I have quite a few Russian olive trees here, but never thought to check them for bees. I'm subscribed.


----------



## MethowKraig

Yes, they work Russian Olives but bloom here is prior to any honey flow.

"Met-How" Kraig


----------



## Rick 1456

Got a few around my property. They are used a lot in our area as a wildlife habitat improvement, food and hedge rows. The berries are eaten by birds mostly. The seeds are desiminated by the birds so they pop up randomly. I see the bees on them. The amount they work it appears to be based some, on what else is in bloom at the time. No info on nectar or pollen. Me thinks both.


----------



## SantaFeBeek

Russian Olives are an invasive species here in the southwest. They use excessive amounts of water and kill out native species in the riverbeds around. I know water isn't much of an issue in much of the country, but it is a huge concern in the southwest. Russian olives, salt cedar, and siberian elms are the most prominent invasives along riverbeds in NM.


----------



## Lburou

Russian Olives can be an invasive species. I was visiting my son in Del Rio, Texas and drove through several large drainages (read mile after mile and hundreds of square miles here) containing nothing but Russian olive trees, all you could see was Russian olive trees. Up North, I don't think the tree is so invasive.


----------



## Rxmaker

Everyone:
Thanks for the info. This is an invasive species here also but there is a great number of trees around as the State of MT up to 2008 offered these for sale at the state nursery. 

Ben: Went thru WY yesterday. South of Buffalo I had a hard time seeing anything green. What started this thread is that at Buffalo and Sheridan there are forests of Russian Olive. Kudos to you and your bees this year.

Peter W


----------



## Diogenes

More of a shrub around here. Maybe to 8-10 ft. Autumn olive.

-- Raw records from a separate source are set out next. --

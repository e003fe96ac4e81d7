-- ===== src/Orders/Calculations/Laws.antt =====
-- The amounts of a line and of an order, and the checks that the tables make on them.
use vidalys_flow.Common.{
  ℕ, zero, suc, ◌+◌, ◌-◌, ◌*◌, ◌^◌, ◌≤◌, ◌<◌, ◌≡◌, refl, ◌⊎◌, inl, inr, List, [], ◌∷◌, map, sum_of,
  All, arith, lt→ltb, ltb, Bool-cases, ltb→lt,
}
use vidalys_flow.Numeric.{ℤ, pos, negsuc, Decimal, precision_limit, round_half_up}
use vidalys_flow.Numeric.Rounding.{round_half_up_nearest, context_round_short}
use vidalys_flow.Orders.Calculations.{
  valued, refused, LineAmounts, ItemAmounts, OrderAmounts, line_of, calculate_line, calculate_order,
  money_of_product, money_of_cents, money_of_signed, >>=-eq-valued, money, quantity,
  discount_above_gross,
}

-- What the table of items demands of a line (`order_item_*` constraints).
pub record IsLineValid (l : LineAmounts) : Type 0 where
  pub quantity_positive : 0 < l.quantity
  pub discount_covered : l.discount_amount ≤ l.gross_total
  pub total_formula : l.total + l.discount_amount ≡ l.gross_total + l.surcharge_amount

-- A line that the source's checks let through.
line_of-IsLineValid : (q p d s : ℤ) {l : LineAmounts} → line_of q p d s ≡ valued l → IsLineValid l
unfolding line_of money_of_cents
line_of-IsLineValid (pos zero) p d s h = cc
line_of-IsLineValid (negsuc n) p d s h = cc
line_of-IsLineValid (pos (suc q)) (negsuc p) d s h = cc
line_of-IsLineValid (pos (suc q)) (pos p) (negsuc d) s h = cc
line_of-IsLineValid (pos (suc q)) (pos p) (pos d) (negsuc s) h = cc
line_of-IsLineValid (pos (suc q)) (pos p) (pos d) (pos s) h = ground arith

money_of_cents-ok : (c : ℕ) {g : ℕ} → money_of_cents c ≡ valued g → g ≡ c
unfolding money_of_cents
money_of_cents-ok c h = ground arith

money_of_cents_short : (c : ℕ) → c < precision_limit → money_of_cents c ≡ valued c
unfolding money_of_cents
money_of_cents_short c h = rw (lt→ltb c precision_limit h) refl

-- The half-up rounding of the exact product, where the context holds it.
abbrev pub exact_gross : ℕ → ℕ → ℕ
exact_gross q p = round_half_up (q * p) 1000

money_of_product_lem :
    (q p : ℕ)
    → q * p < precision_limit
    → (money_of_product q p ≡ valued (exact_gross q p)) × (exact_gross q p ≤ q * p + 1)
unfolding money_of_product
money_of_product_lem q p h =
    let near = round_half_up_nearest (q * p) 1000 (omega arith) in
    (
      rw (context_round_short (q * p) h)
          (money_of_cents_short (round_half_up (q * p) 1000) (omega arith)),
      omega arith,
    )

-- A line that `calculate_line` returns meets the constraints of the table of items.
pub calculate_line-IsLineValid :
    (item_quantity unit_price discount surcharge : Decimal) {l : LineAmounts}
    → calculate_line item_quantity unit_price discount surcharge ≡ valued l
    → IsLineValid l
unfolding calculate_line
calculate_line-IsLineValid iq up d s {l} h =
    let (q, _, h₁) = >>=-eq-valued (quantity iq) _ h in
    let (p, _, h₂) = >>=-eq-valued (money up) _ h₁ in
    let (d', _, h₃) = >>=-eq-valued (money d) _ h₂ in
    let (s', _, h₄) = >>=-eq-valued (money s) _ h₃ in line_of-IsLineValid q p d' s' h₄

-- The gross total of a line is the nearest cent to quantity times price, a tie going up, for
-- every product that 28 digits hold.
pub line_of_gross :
    (q p d s : ℕ) {l : LineAmounts}
    → suc q * p < precision_limit
    → line_of (pos (suc q)) (pos p) (pos d) (pos s) ≡ valued l
    → (2 * (l.gross_total * 1000) ≤ 2 * (suc q * p) + 1000)
      × (2 * (suc q * p) < 2 * (l.gross_total * 1000) + 1000)
unfolding line_of money_of_cents
line_of_gross q p d s h e =
    let near = round_half_up_nearest (suc q * p) 1000 (omega arith) in
    ground (arith, money_of_product_lem (suc q) p h)

-- Normalized amounts in the range of the columns make a line exactly when the discount does not
-- exceed the gross total; otherwise the discount is refused.
pub line_of_decides :
    (q p d s : ℕ)
    → suc q * p < 10 ^ 26
    → s < 10 ^ 26
    → ((d ≤ exact_gross (suc q) p)
        × (l : LineAmounts) × (line_of (pos (suc q)) (pos p) (pos d) (pos s) ≡ valued l)
        × (l.total + d ≡ exact_gross (suc q) p + s))
      ⊎ ((exact_gross (suc q) p < d)
          × (line_of (pos (suc q)) (pos p) (pos d) (pos s) ≡ refused discount_above_gross))
unfolding line_of
line_of_decides q p d s h k =
    let g = exact_gross (suc q) p in
    let (made, near) = money_of_product_lem (suc q) p (omega arith) in
    elim (Bool-cases (ltb g d)) [
      | inl over ↦ inr (ltb→lt g d over, rw (made, over) refl)
      | inr fits ↦
          let covered : d ≤ g = ground arith in
          inl (
            covered,
            record {
              quantity = suc q;
              unit_price = p;
              gross_total = g;
              discount_amount = d;
              surcharge_amount = s;
              total = g - d + s;
            },
            rw (made, fits, money_of_cents_short (g - d + s) (omega arith)) refl,
            omega arith,
          )
    ]

-- What the table of orders demands of the totals (`order_*` constraints).
pub record IsOrderValid (o : OrderAmounts) : Type 0 where
  pub amount : ℕ
  pub total_non_negative : o.total ≡ pos amount
  pub discount_covered : o.discount_total ≤ o.subtotal
  pub total_formula : amount + o.discount_total ≡ o.subtotal + o.surcharge_total

abbrev pub amounts_of : LineAmounts → ItemAmounts
amounts_of l = record {
  gross_total = l.gross_total;
  discount_amount = l.discount_amount;
  surcharge_amount = l.surcharge_amount;
}

-- The sums over lines that are valid are in order, and the totals of the lines add up to theirs.
lines_sums :
    (ls : List LineAmounts)
    → All IsLineValid ls
    → (sum_of (λ i. i.discount_amount) (map amounts_of ls)
        ≤ sum_of (λ i. i.gross_total) (map amounts_of ls))
      × (sum_of (λ l. l.total) ls + sum_of (λ i. i.discount_amount) (map amounts_of ls)
          ≡ sum_of (λ i. i.gross_total) (map amounts_of ls)
            + sum_of (λ i. i.surcharge_amount) (map amounts_of ls))
lines_sums [] h = omega arith
lines_sums (l ∷ ls) h = omega (arith, lines_sums ls h.1)

-- The totals of an order of valid lines meet the constraints of the table of orders, and the total
-- of the order is the sum of the totals of its lines.
pub calculate_order-IsOrderValid :
    (ls : List LineAmounts) {o : OrderAmounts}
    → All IsLineValid ls
    → calculate_order (map amounts_of ls) ≡ valued o
    → IsOrderValid o × (o.total ≡ pos (sum_of (λ l. l.total) ls))
unfolding calculate_order money_of_cents money_of_signed
calculate_order-IsOrderValid ls h e = (
  record {
    amount = sum_of (λ l. l.total) ls;
    total_non_negative = ground (arith, lines_sums ls h);
    discount_covered = ground (arith, lines_sums ls h);
    total_formula = ground (arith, lines_sums ls h);
  },
  ground (arith, lines_sums ls h),
)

The bees do work them over while in bloom. And they bloom over a 2 week period here. Each bush on it's own schedule, some earlier, some later. This year they were blooming in early May.


----------



## Riskybizz

Here in Northern New Mexico, Santa Fe and surrounding areas, russian olive has indeed become quite invasive. In many areas russian olive trees exceeding 60-75' are not uncommon. It blooms profusely and secretes abundant pollen and late spring nectar. On several occasions my bees collected a shallow box of surplus, however, I never count on it as a dependable source of nectar, as it seems to vary greatly year to year, depending on ground moisture and weather condiitons for secretion. I have beeyards in areas where the olive trees are forrests, bordering fields and arroyos. Once established, it is one of the fasters growing species I can think of (even spreading faster and growing more than black locust). I for one find it hard to complain about any available pollen/nectar source living and keeping bees in this high desert mountain. I will note though, that it is prohibited from nursery sales as an ornamental landscape plant/tree. The honey is medium amber, and usually gets mixed into black locust and other available sources as previoulsy stated, but last year our locust bloomed long after the russian olive expired.


----------



## heus

When I was a kid the Ohio Dept of Natural Resources gave out free packets of Russian Olive seeds for wildlife planting. Around here you can find them at almost every highway overpass as erosion control.


----------



## squarepeg

not invasive here. i have about 200 planted as a hedge down a roadway that borders my property. they were recommended by wildlife biologists as part of a land management plan. they bloom early, along with the dogwoods and the redbuds. the bees went crazy over them for the 3-4 weeks that they were in bloom. very fragrant, and would probably make great honey, but this nectar was used mostly for early spring build up.


----------



## jim lyon

We must be talking about two different species. They are commonly used in shelter belts and in nature plantings up north. They only get about 12 feet tall and are easily controlled. they bloom in early summer (I think) and while bees do work them I have never heard of a surplus of honey raised off of them.


----------



## squarepeg

jim, these are getting to be about 20 ft. high now, and they are the 'autum' olive variety. the berries are supposed to be highly nutritious, with a high concentration of lycopene, (i think). the health food community is starting to take notice of them. they have already started to ripen here, which is a little earlier than usual.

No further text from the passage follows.